La historia no es considerada como una simple serie y sucesión de acontecimientos sino como una economía de la salvación.

Por otra parte, señala que la Tradición y la Escritura forman el único “depósito de la Revelación”. La Constitución enseña que la Iglesia no saca únicamente de la Sagrada Escritura su certeza acerca de todo lo revelado.

El Magisterio «no está por encima de la palabra de Dios, sino a su servicio, para enseñar puramente lo transmitido». Sólo él tiene «el oficio de interpretar autorizadamente la palabra de Dios, oral o escrita». Finalmente afirmará que «la Tradición, la Escritura y el Magisterio de la Iglesia… están unidos y ligados, de modo que ninguno puede subsistir sin los otros».
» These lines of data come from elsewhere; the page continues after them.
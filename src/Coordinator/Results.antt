-- ===== src/Coordinator/Results.antt =====
-- runtime/workflow_coordinator.py: what the result of a workflow says of its tasks.
use agent_manager.Prelude.Dict.{Dict}
use agent_manager.Prelude.{
  ℕ, ◌≤◌, String, ◌≡◌, refl, ◌∙◌, ap, Bool, true, false, ◌&&◌, Result, Option, [], ◌∷◌, length,
  ◌==◌, arith,
}
use agent_manager.StateManager.Machine.{Repository}
use agent_manager.Dag.Digraph.{Digraph}
use agent_manager.SchedulerEngine.Engine.{
  ScheduledTask, Status, pending, running, completed, failed, is_completed, is_failed, is_empty,
}
use agent_manager.Prelude.Int.{ℤ}
use agent_manager.Runtime.Errors.{PyError}
use agent_manager.Runtime.Context.{Fields}
use agent_manager.Runtime.Executor.{CheckpointManager}
use agent_manager.Recovery.Repairs.{Pipeline}
use agent_manager.Coordinator.State.{Coordinator, World}
use agent_manager.Coordinator.Stages.{with_status}
use agent_manager.Coordinator.Workflow.{summary}

-- Every task has the status "completed".
unfoldable pub all_completed : Dict ScheduledTask → Bool
all_completed [] = true
all_completed ((k, t) ∷ tasks) = is_completed t.status && all_completed tasks

length-with_status :
    (test : Status → Bool) (tasks : Dict ScheduledTask)
    → length (with_status test tasks) ≤ length tasks
unfolding with_status
length-with_status test [] = omega arith
length-with_status test ((k, t) ∷ tasks) = ground (arith, length-with_status test tasks)

counted_all :
    (tasks : Dict ScheduledTask)
    → (length (with_status is_completed tasks) == length tasks) ≡ all_completed tasks
unfolding with_status all_completed
counted_all [] = ground arith
counted_all ((k, t) ∷ tasks) =
    ground (arith, counted_all tasks, length-with_status is_completed tasks)

not_both : (s : Status) → is_completed s ≡ true → is_failed s ≡ false
unfolding is_completed is_failed
not_both pending h = refl
not_both running h = refl
not_both completed h = refl
not_both failed h = absurd (ground (arith, h))

none_failed :
    (tasks : Dict ScheduledTask)
    → all_completed tasks ≡ true
    → is_empty (with_status is_failed tasks) ≡ true
unfolding with_status all_completed is_empty is_failed is_completed
none_failed [] h = refl
none_failed ((k, t) ∷ tasks) h = ground (arith, h, none_failed tasks, not_both t.status)

and_lem : (a b : Bool) → (b ≡ true → a ≡ true) → (a && b) ≡ b
and_lem true b h = refl
and_lem false true h = h refl
and_lem false false h = refl

module _ {R M G : Type 0} (ops : Repository R) (graph : Digraph G) (manager : CheckpointManager M)
    (pipeline : Option (Pipeline R M)) (metadata : String → Fields) (priority_of : Fields → ℤ)
    (hooks : Option (String → Fields → Result PyError (Unit {0}))) (worlds : ℕ → World)
    (times : ℕ → ℕ → ℕ) where
  -- The result of a workflow says success exactly if every task of the scheduler is completed.
  pub success-summary :
      (workflow_id : String) (c : Coordinator R M G)
      → (summary ops graph manager pipeline metadata priority_of hooks worlds times workflow_id
          c).success
        ≡ all_completed c.scheduler.tasks
  unfolding summary
  success-summary workflow_id c =
      ap (λ b. is_empty (with_status is_failed c.scheduler.tasks) && b)
        (counted_all c.scheduler.tasks)
      ∙ and_lem _ _ (none_failed c.scheduler.tasks)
La Dei Verbum afirma tajantemente: «La Revelación que la Sagrada Escritura contiene y ofrece ha sido puesta por escrito bajo la inspiración del Espíritu Santo»: Dios y el hombre son “autores” de la Escritura, pero no lo son de la misma manera. Dios obrando en los autores humanos y a través de ellos garantiza que pongan por escrito «todo y sólo lo que Dios quería». Lo que no habla de la ausencia de error sobre la totalidad de lo afirmado literalmente por los autores bíblicos, sino de la “verdad bíblica” relacionada con su finalidad salvífica. Se trata de aquella verdad que Dios hizo consignar en dichos libros para salvación nuestra.
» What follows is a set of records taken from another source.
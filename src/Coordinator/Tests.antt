-- ===== src/Coordinator/Tests.antt =====
-- runtime/workflow_coordinator.py on small inputs: one node, with an adjacency list for the graph.
use agent_manager.Prelude.Dict
use agent_manager.Prelude.Dict.{Dict}
use agent_manager.Prelude.Int.{pos}
use agent_manager.Prelude.{String, refl, true, ok, err, none, some, [], ◌∷◌}
use agent_manager.StateManager.Transitions.{ready}
use agent_manager.StateManager.Machine.{Repository, new_machine}
use agent_manager.Dag.Digraph.{Digraph}
use agent_manager.Dag.Engine
use agent_manager.Dag.Engine.{DagNode, DagEngine}
use agent_manager.SchedulerEngine.Engine.{ScheduledTask, running as running_status}
use agent_manager.Runtime.Errors.{value_error}
use agent_manager.Runtime.Context.{ExecutionContext, Fields, text}
use agent_manager.Runtime.Executor.{CheckpointManager, WorkerSandbox}
use agent_manager.Coordinator.State.{Coordinator, World}
use agent_manager.Coordinator.Tasks.{execute_scheduled_task}
use agent_manager.Coordinator.Agreement.{Outcome, execute_scheduled_task-Outcome}

abbrev forgetful : Repository (Unit {0})
forgetful = record {
  save_task_state = λ k s r. r;
  append_audit_record = λ a r. r;
  save_transition = λ t r. r;
  load_task_state = λ k r. none;
  load_transitions = λ k r. [];
}

abbrev edgeless : Digraph (Unit {0})
edgeless = record {
  empty = tt;
  add_node = λ n g. g;
  add_edge = λ a b g. g;
  successors = λ g n. [];
  topological_sort = λ g. [];
}

abbrev in_dict : CheckpointManager (Dict ExecutionContext)
in_dict = record {
  save_checkpoint = λ k c m. (ok tt, Dict.put m k c);
  load_checkpoint = λ k m. ok (Dict.get m k);
  delete_checkpoint = λ k m. (ok tt, Dict.remove m k);
}

abbrev broken : WorkerSandbox
broken = record {
  execute = λ n k m. err (value_error "connection refused");
  verify = λ n k result. ok true;
}

abbrev world : World
world = record {
  sandbox = broken;
  clock = λ n. n;
  recovery_sandbox = broken;
  recovery_clock = λ n. n;
  events = ok [];
  now = 9;
}

abbrev metadata : String → Fields
metadata k = ("workflow_id", text "w") ∷ []

abbrev node : DagNode
node = record { node_id = "t"; task_type = "code"; dependencies = []; status = Engine.pending }

abbrev started_task : ScheduledTask
started_task = record {
  task_id = "t";
  priority = pos 0;
  status = running_status;
  dependencies = [];
  next_retry_at = none;
  retry_attempts = 0;
  max_retry_attempts = 3;
  conflict_history = [];
}

abbrev coordinator : Coordinator (Unit {0}) (Dict ExecutionContext) (Unit {0})
coordinator = record {
  dag = record { nodes = ("t", node) ∷ []; graph = tt };
  scheduler = record {
    max_concurrent_tasks = 1;
    tasks = ("t", started_task) ∷ [];
    execution_queue = [];
    running_tasks = "t" ∷ [];
    completed_tasks = [];
  };
  executor = record {
    state_machine = record (new_machine none) {
      states = ("t", ready) ∷ [];
      history = ("t", []) ∷ [];
    };
    checkpoints = [];
    published = [];
    execution_contexts = [];
    task_registry = [];
    max_retries = 3;
  };
  recovery = some [];
  memory = none;
  allow_defect_repair = true;
  executed = 0;
}

execute_scheduled_task-Outcome_example :
    Outcome forgetful edgeless in_dict none metadata "t" world
      (execute_scheduled_task forgetful edgeless in_dict none metadata world "t" coordinator)
unfolding Dict.get
execute_scheduled_task-Outcome_example =
    execute_scheduled_task-Outcome forgetful edgeless in_dict none metadata "t" world coordinator
      started_task node refl refl refl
Dios habla en la Escritura por medio de hombres y en lenguaje humano; por lo tanto, el intérprete de la Escritura, para conocer lo que Dios quiso comunicarnos, debe estudiar con atención lo que los autores querían decir y Dios quería dar a conocer con dichas palabras. Al leer e interpretar un texto de la Sagrada Escritura es indispensable que siempre se le considere en relación a la unidad de la Escritura entera, en la Tradición y en la cohesión de las verdades de la fe, y en atención al Magisterio.
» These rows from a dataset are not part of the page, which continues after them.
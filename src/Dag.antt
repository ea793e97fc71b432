-- ===== src/Dag.antt =====
-- engine/dag.py: the dependency graph of the tasks, its cycle detector and the engine that keeps it
-- acyclic. The graph itself is an `nx.DiGraph` of the package networkx: a parameter.
pub mod Search
pub mod Walks
pub mod Trace
pub mod Rounds
pub mod Correct
pub mod Digraph
pub mod Engine
pub mod Links
pub mod Invariant
pub mod Decisions
pub mod Ready
mod Tests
La Constitución resalta la excelencia de todo el Nuevo Testamento, especialmente la de los Evangelios, por ser el testimonio principal de la vida y doctrina del Verbo Eterno hecho hombre. Expresa que los Evangelios narran fielmente lo que Jesús, el Hijo de Dios, viviendo entre los hombres, hizo y enseñó. Es absolutamente inaceptable pretender que Jesús de Nazaret es una persona distinta de la que confesamos en el Credo y anunciamos en la Iglesia, desde los orígenes.